More than anything, though - I hope we get to next Wednesday, and through it - without any of the stuff we're being warned about actually happening. Attacks on state capitals; threats on members of Congress on both sides of the aisle; and the ongoing threat of more violence in DC, including the potential for improvised explosive devices - IEDs - to be used in our nation's capital. I hear that, and I don't even know how to react, whether to rage against the abject insanity of it, or hunker down with the curtains closed, waiting for the 'all clear' signal.

I thought that would be the last post of the week, but I was inspired, again, by the hypocrisy of it all, and that led to an Irony Board entry on the absurdity of the Rs going on television and talking about how they're being silenced and are unable to communicate, and how Big Tech should be liable for civil suits from folks who have been censored. 

A North Dakota state representative has a bill to allow residents of the Peace Garden State to do just that.
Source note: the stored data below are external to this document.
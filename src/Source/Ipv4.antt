-- ===== src/Source/Ipv4.antt =====
-- `v4_src_bogon` against the table of prefixes that its comments name.

use caly_anti.Base.{ℕ, ◌*◌, ◌/◌, ◌<◌, ◌≡◌, arith, Bool, true, ◌&&◌, ◌==◌, if◌then◌else◌}
use caly_anti.Abi.Reason.{
  StatReason, pkt_total, drop_bogon_src, drop_mcast_src, drop_bcast_src, drop_private_src,
}
use caly_anti.Source.{v4_src_bogon}
use caly_anti.Source.Prefixes.{
  dotted, v4_reference, high_nibble, high_seven, high_two, benchmark, broadcast, link_local,
  loopback, multicast, ninetwo, reserved, seventeen, shared, ten, test_net1, test_net2, test_net3,
  zero_net,
}

-- The code tests for the broadcast address inside 240/4, the table before it.
same_ladder :
    (zero_net loopback link_local multicast broadcast reserved net1 net2 net3 bench : Bool)
    (otherwise : StatReason)
    → (broadcast ≡ true → reserved ≡ true)
    → (multicast ≡ true → reserved ≡ true → ⊥)
    → (if zero_net
        then drop_bogon_src
        else if loopback
        then drop_bogon_src
        else if link_local
        then drop_bogon_src
        else if multicast
        then drop_mcast_src
        else if reserved
        then (if broadcast then drop_bcast_src else drop_bogon_src)
        else if net1
        then drop_bogon_src
        else if net2
        then drop_bogon_src
        else if net3
        then drop_bogon_src
        else if bench
        then drop_bogon_src
        else otherwise)
      ≡ (if zero_net
          then drop_bogon_src
          else if loopback
          then drop_bogon_src
          else if link_local
          then drop_bogon_src
          else if multicast
          then drop_mcast_src
          else if broadcast
          then drop_bcast_src
          else if reserved
          then drop_bogon_src
          else if net1
          then drop_bogon_src
          else if net2
          then drop_bogon_src
          else if net3
          then drop_bogon_src
          else if bench
          then drop_bogon_src
          else otherwise)
same_ladder z l k m b r x y w v o h1 h2 = ground arith

private_ladder :
    (on t1 t2 t3 t4 : Bool)
    → (if on && t1
        then drop_private_src
        else if on && t2
        then drop_private_src
        else if on && t3
        then drop_private_src
        else if on && t4
        then drop_private_src
        else pkt_total)
      ≡ (if on
          then (if t1
              then drop_private_src
              else if t2
              then drop_private_src
              else if t3
              then drop_private_src
              else if t4
              then drop_private_src
              else pkt_total)
          else pkt_total)
private_ladder on t1 t2 t3 t4 = ground arith

-- On every source address the classifier names the reason of the first prefix of the reference
-- table that covers it, and nothing where none does.
pub v4_src_bogon-v4_reference :
    (a b c d : ℕ) (drop_private : Bool)
    → a < 256
    → b < 256
    → c < 256
    → d < 256
    → v4_src_bogon a b c d drop_private ≡ v4_reference (dotted a b c d) drop_private
unfolding v4_src_bogon
v4_src_bogon-v4_reference a b c d drop_private ha hb hc hd =
    rw
      (
        high_nibble a ha,
        high_nibble b hb,
        high_seven b hb,
        high_two b hb,
        zero_net a b c d ha hb hc hd,
        loopback a b c d ha hb hc hd,
        link_local a b c d ha hb hc hd,
        multicast a b c d ha hb hc hd,
        broadcast a b c d ha hb hc hd,
        reserved a b c d ha hb hc hd,
        test_net1 a b c d ha hb hc hd,
        test_net2 a b c d ha hb hc hd,
        test_net3 a b c d ha hb hc hd,
        benchmark a b c d ha hb hc hd,
        ten a b c d ha hb hc hd,
        seventeen a b c d ha hb hc hd,
        ninetwo a b c d ha hb hc hd,
        shared a b c d ha hb hc hd,
        private_ladder drop_private,
      )
      (same_ladder (a == 0) (a == 127) (a == 169 && b == 254) (a / 16 * 16 == 0xE0)
        (a == 255 && b == 255 && c == 255 && d == 255) (a / 16 * 16 == 0xF0)
        (a == 192 && b == 0 && c == 2) (a == 198 && b == 51 && c == 100)
        (a == 203 && b == 0 && c == 113) (a == 198 && b / 2 * 2 == 18)
        (if drop_private
          then (if a == 10
              then drop_private_src
              else if a == 172 && b / 16 * 16 == 16
              then drop_private_src
              else if a == 192 && b == 168
              then drop_private_src
              else if a == 100 && b / 64 * 64 == 64
              then drop_private_src
              else pkt_total)
          else pkt_total)
        (ground arith) (ground arith))
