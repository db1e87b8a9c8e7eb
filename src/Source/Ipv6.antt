-- ===== src/Source/Ipv6.antt =====
-- `v6_src_bogon`: the accumulated OR is a test that the first fifteen bytes are zero.
use Prim.Native.Nat.{bit_or}
use caly_anti.Base.{
  ℕ, zero, suc, ◌≡◌, refl, arith, Bool, true, ◌&&◌, not, ltb, ◌==◌, if◌then◌else◌, ◌↔◌, List, [],
  ◌∷◌, All, length, ap, ◌∙◌,
}
use mathlib.Core.Path.{ap₂}
use caly_anti.Base.Word.{IsByte}
use caly_anti.Base.Bits.{passes_below, passes_one}
use caly_anti.Abi.Reason.{drop_ip6_src_unspec, drop_ip6_src_loopback}
use caly_anti.Source.{or_bytes, byte_at, v6_src_bogon}

abbrev or_agrees : ℕ → ℕ → Bool
or_agrees x y =
    ltb (bit_or x y) 256 && (if bit_or x y == 0 then x == 0 && y == 0 else not (x == 0 && y == 0))

or_row : ℕ → Bool
unfolding passes_below
or_row x = passes_below (or_agrees x) 256

or_table : passes_below or_row 256 ≡ true
unfolding or_row
or_table = refl

-- An OR of two bytes is a byte, and is 0 only when both are.
or_byte : (x y : ℕ) → IsByte x → IsByte y → or_agrees x y ≡ true
unfolding or_row
or_byte x y hx hy = passes_one (or_agrees x) 256 (passes_one or_row 256 or_table x hx) y hy

abbrev pub zeros : ℕ → List ℕ → List ℕ
zeros zero tail = tail
zeros (suc n) tail = 0 ∷ zeros n tail

or_zero : (x y : ℕ) → IsByte x → IsByte y → bit_or x y ≡ 0 → (x ≡ 0) × (y ≡ 0)
or_zero x y hx hy e = ground (arith, or_byte x y hx hy)

or_IsByte : (x y : ℕ) → IsByte x → IsByte y → IsByte (bit_or x y)
or_IsByte x y hx hy = ground (arith, or_byte x y hx hy)

-- A zero OR over all bytes but the last leaves only the last.
or_bytes_zero :
    (n acc : ℕ) (a : List ℕ)
    → IsByte acc
    → All IsByte a
    → length a ≡ suc n
    → or_bytes n acc a ≡ 0
    → (acc ≡ 0) × (a ≡ zeros n (byte_at a n ∷ []))
unfolding or_bytes
or_bytes_zero zero acc [] ha h hl e = absurd (omega arith)
or_bytes_zero zero acc (x ∷ []) ha h hl e = (e, refl)
or_bytes_zero zero acc (x ∷ y ∷ a) ha h hl e = absurd (omega arith)
or_bytes_zero (suc n) acc [] ha h hl e = absurd (omega arith)
or_bytes_zero (suc n) acc (x ∷ a) ha (hx, h) hl e =
    let rest = or_bytes_zero n (bit_or acc x) a (or_IsByte acc x ha hx) h (omega arith) e in
    let both = or_zero acc x ha hx rest.0 in (both.0, ap₂ ◌∷◌ both.1 rest.1)

unspec_tests :
    (a : List ℕ) (drop_private : Bool)
    → (v6_src_bogon a drop_private ≡ drop_ip6_src_unspec
        → (or_bytes 15 0 a ≡ 0) × (byte_at a 15 ≡ 0))
      × (v6_src_bogon a drop_private ≡ drop_ip6_src_loopback
          → (or_bytes 15 0 a ≡ 0) × (byte_at a 15 ≡ 1))
unfolding v6_src_bogon
unspec_tests a drop_private = (λ e. ground arith, λ e. ground arith)

-- Of the addresses of sixteen bytes `::` alone is charged as unspecified, and `::1` alone as
-- loopback, on interfaces of either kind.
pub v6_src_bogon_special :
    (a : List ℕ) (drop_private : Bool)
    → All IsByte a
    → length a ≡ 16
    → ((v6_src_bogon a drop_private ≡ drop_ip6_src_unspec) ↔ (a ≡ zeros 15 (0 ∷ [])))
      × ((v6_src_bogon a drop_private ≡ drop_ip6_src_loopback) ↔ (a ≡ zeros 15 (1 ∷ [])))
unfolding v6_src_bogon or_bytes
v6_src_bogon_special a drop_private h hl =
    let only : or_bytes 15 0 a ≡ 0 → a ≡ zeros 15 (byte_at a 15 ∷ []) =
      λ e. (or_bytes_zero 15 0 a (omega arith) h hl e).1 in
    let tests = unspec_tests a drop_private in
    (
      (λ e. only (tests.0 e).0 ∙ ap (λ (v : ℕ). zeros 15 (v ∷ [])) (tests.0 e).1, λ e. rw e refl),
      (λ e. only (tests.1 e).0 ∙ ap (λ (v : ℕ). zeros 15 (v ∷ [])) (tests.1 e).1, λ e. rw e refl),
    )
He went on Sunday Morning Futures on Fox to talk about it, and shared some risks of social media companies running amok.

If a website comes out and selectively publishes information or manipulates true information in order to create a certain desired narrative, this restrictive action can essentially amount to defamation.

And, there's the real irony - the selective publishing, the manipulation of the truth, the defamation he mentions. 

Kading, remember, was talking on Sunday Morning Futures, just one of the FNC shows that had to run a tasty disclaimer - excuse me, a 'fact checking story,' correcting each show's lies.

It's hard to imagine how these folks say all of this stuff with straight faces, it really is. 

See you later for Sunday School; I'm sure it's going to be an interesting time in the classrooms today.